■ Task statement
Would you filter these records and copy every line that has the word "than"?
[Extracted records — start]
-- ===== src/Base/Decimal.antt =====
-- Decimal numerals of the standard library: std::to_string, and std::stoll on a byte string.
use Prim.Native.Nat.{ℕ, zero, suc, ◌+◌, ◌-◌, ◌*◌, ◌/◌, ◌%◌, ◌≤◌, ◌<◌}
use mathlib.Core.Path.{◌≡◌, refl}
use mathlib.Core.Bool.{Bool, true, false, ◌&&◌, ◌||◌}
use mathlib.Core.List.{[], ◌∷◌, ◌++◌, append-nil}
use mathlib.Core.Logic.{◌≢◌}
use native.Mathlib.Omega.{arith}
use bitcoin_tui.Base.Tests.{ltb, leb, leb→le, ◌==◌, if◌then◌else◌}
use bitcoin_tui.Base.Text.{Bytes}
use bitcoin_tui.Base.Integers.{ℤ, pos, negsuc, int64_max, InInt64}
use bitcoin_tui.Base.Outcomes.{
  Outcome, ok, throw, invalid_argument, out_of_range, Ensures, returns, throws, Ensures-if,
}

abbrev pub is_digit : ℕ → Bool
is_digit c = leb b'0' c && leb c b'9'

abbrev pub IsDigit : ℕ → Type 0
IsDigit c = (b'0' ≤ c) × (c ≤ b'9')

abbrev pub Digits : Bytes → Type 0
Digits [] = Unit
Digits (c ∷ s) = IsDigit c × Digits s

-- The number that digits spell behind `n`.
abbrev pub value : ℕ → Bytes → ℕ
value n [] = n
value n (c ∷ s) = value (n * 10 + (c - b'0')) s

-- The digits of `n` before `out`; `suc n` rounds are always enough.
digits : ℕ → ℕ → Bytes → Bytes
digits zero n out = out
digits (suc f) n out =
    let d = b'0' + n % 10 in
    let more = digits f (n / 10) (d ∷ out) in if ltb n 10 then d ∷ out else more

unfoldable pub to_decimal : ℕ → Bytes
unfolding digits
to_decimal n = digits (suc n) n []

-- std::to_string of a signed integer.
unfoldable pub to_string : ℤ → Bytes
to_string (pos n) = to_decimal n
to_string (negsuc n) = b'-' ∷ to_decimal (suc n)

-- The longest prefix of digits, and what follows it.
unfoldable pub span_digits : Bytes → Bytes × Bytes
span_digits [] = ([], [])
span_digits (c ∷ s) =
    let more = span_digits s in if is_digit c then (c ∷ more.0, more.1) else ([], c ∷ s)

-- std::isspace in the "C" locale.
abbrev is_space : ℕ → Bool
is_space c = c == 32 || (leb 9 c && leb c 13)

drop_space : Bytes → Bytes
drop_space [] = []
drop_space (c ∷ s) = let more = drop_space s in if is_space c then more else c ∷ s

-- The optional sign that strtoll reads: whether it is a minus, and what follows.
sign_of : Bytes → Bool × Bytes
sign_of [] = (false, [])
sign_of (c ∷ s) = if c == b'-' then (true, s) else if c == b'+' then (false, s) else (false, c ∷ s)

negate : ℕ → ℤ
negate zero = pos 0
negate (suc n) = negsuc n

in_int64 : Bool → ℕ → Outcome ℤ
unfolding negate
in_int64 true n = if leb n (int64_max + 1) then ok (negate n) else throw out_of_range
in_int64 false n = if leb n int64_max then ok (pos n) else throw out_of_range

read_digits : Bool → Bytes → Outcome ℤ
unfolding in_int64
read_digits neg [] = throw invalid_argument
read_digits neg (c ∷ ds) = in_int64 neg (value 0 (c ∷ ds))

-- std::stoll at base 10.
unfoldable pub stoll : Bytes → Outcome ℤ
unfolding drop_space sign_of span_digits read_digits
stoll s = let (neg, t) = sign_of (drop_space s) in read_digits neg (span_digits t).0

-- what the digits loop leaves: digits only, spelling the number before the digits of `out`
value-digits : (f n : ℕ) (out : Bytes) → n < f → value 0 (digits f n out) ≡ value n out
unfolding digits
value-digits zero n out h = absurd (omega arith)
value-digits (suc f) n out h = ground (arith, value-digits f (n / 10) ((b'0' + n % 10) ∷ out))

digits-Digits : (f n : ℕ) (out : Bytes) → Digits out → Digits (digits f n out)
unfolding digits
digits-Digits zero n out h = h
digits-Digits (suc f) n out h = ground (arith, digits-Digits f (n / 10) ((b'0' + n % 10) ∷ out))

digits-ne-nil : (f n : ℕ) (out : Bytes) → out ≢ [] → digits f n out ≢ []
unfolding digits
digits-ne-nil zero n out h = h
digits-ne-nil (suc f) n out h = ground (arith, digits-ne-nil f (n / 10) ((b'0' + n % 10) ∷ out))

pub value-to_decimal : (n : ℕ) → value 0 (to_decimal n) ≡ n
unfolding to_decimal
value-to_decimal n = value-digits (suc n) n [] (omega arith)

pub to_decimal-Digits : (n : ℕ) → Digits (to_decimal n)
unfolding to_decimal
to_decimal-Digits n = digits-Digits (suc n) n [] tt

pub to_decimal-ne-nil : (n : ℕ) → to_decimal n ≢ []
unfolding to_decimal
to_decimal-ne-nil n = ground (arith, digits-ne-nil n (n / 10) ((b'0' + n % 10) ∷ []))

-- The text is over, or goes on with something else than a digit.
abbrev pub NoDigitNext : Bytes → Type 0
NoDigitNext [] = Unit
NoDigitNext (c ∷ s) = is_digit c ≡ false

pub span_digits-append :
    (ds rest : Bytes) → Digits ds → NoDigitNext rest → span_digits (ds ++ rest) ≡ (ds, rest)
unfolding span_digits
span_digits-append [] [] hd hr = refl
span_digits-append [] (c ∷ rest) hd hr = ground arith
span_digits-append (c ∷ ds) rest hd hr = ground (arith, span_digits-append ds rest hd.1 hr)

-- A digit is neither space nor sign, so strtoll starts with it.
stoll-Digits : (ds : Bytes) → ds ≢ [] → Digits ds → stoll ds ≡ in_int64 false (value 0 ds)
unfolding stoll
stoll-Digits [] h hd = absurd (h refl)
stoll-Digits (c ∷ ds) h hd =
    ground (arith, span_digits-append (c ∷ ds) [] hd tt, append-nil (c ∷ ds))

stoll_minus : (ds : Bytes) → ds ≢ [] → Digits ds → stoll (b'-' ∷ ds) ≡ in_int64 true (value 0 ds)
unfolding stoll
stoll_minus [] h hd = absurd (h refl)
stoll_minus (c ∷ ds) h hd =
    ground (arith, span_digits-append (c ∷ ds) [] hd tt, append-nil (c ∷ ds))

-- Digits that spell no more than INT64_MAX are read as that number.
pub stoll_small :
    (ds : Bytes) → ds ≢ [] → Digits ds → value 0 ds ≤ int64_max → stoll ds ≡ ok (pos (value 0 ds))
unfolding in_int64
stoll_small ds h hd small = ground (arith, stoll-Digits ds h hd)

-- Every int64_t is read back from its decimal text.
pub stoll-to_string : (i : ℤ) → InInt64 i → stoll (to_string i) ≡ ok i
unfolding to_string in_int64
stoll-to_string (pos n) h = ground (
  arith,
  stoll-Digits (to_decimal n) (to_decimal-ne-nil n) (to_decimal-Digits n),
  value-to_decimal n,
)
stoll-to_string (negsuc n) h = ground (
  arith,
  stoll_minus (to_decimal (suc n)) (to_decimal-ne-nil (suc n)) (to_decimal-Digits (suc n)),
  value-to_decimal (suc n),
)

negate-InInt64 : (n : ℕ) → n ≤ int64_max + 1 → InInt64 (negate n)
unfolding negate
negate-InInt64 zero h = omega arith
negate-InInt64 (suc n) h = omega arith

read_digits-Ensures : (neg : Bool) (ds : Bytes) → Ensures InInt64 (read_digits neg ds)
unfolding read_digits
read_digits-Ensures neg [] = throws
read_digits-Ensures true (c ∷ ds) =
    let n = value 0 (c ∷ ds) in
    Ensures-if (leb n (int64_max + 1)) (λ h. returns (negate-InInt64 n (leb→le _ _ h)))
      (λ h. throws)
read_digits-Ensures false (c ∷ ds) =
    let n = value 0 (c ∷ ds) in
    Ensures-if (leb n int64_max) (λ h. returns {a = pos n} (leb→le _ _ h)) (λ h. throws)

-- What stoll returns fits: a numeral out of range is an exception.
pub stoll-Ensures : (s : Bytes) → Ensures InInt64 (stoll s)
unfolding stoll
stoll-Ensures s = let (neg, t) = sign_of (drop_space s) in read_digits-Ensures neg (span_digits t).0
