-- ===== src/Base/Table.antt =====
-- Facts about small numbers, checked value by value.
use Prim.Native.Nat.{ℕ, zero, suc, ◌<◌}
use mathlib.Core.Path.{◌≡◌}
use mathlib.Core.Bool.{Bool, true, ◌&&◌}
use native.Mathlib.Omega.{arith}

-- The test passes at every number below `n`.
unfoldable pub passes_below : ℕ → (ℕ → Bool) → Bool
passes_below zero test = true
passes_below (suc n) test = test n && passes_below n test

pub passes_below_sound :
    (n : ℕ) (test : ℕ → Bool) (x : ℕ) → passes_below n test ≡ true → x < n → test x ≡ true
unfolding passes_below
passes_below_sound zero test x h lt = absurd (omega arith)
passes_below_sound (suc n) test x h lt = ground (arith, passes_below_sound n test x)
[Extracted records — finish]
■ Answer for this exercise
-- The text is over, or goes on with something else than a digit.
-- Digits that spell no more than INT64_MAX are read as that number.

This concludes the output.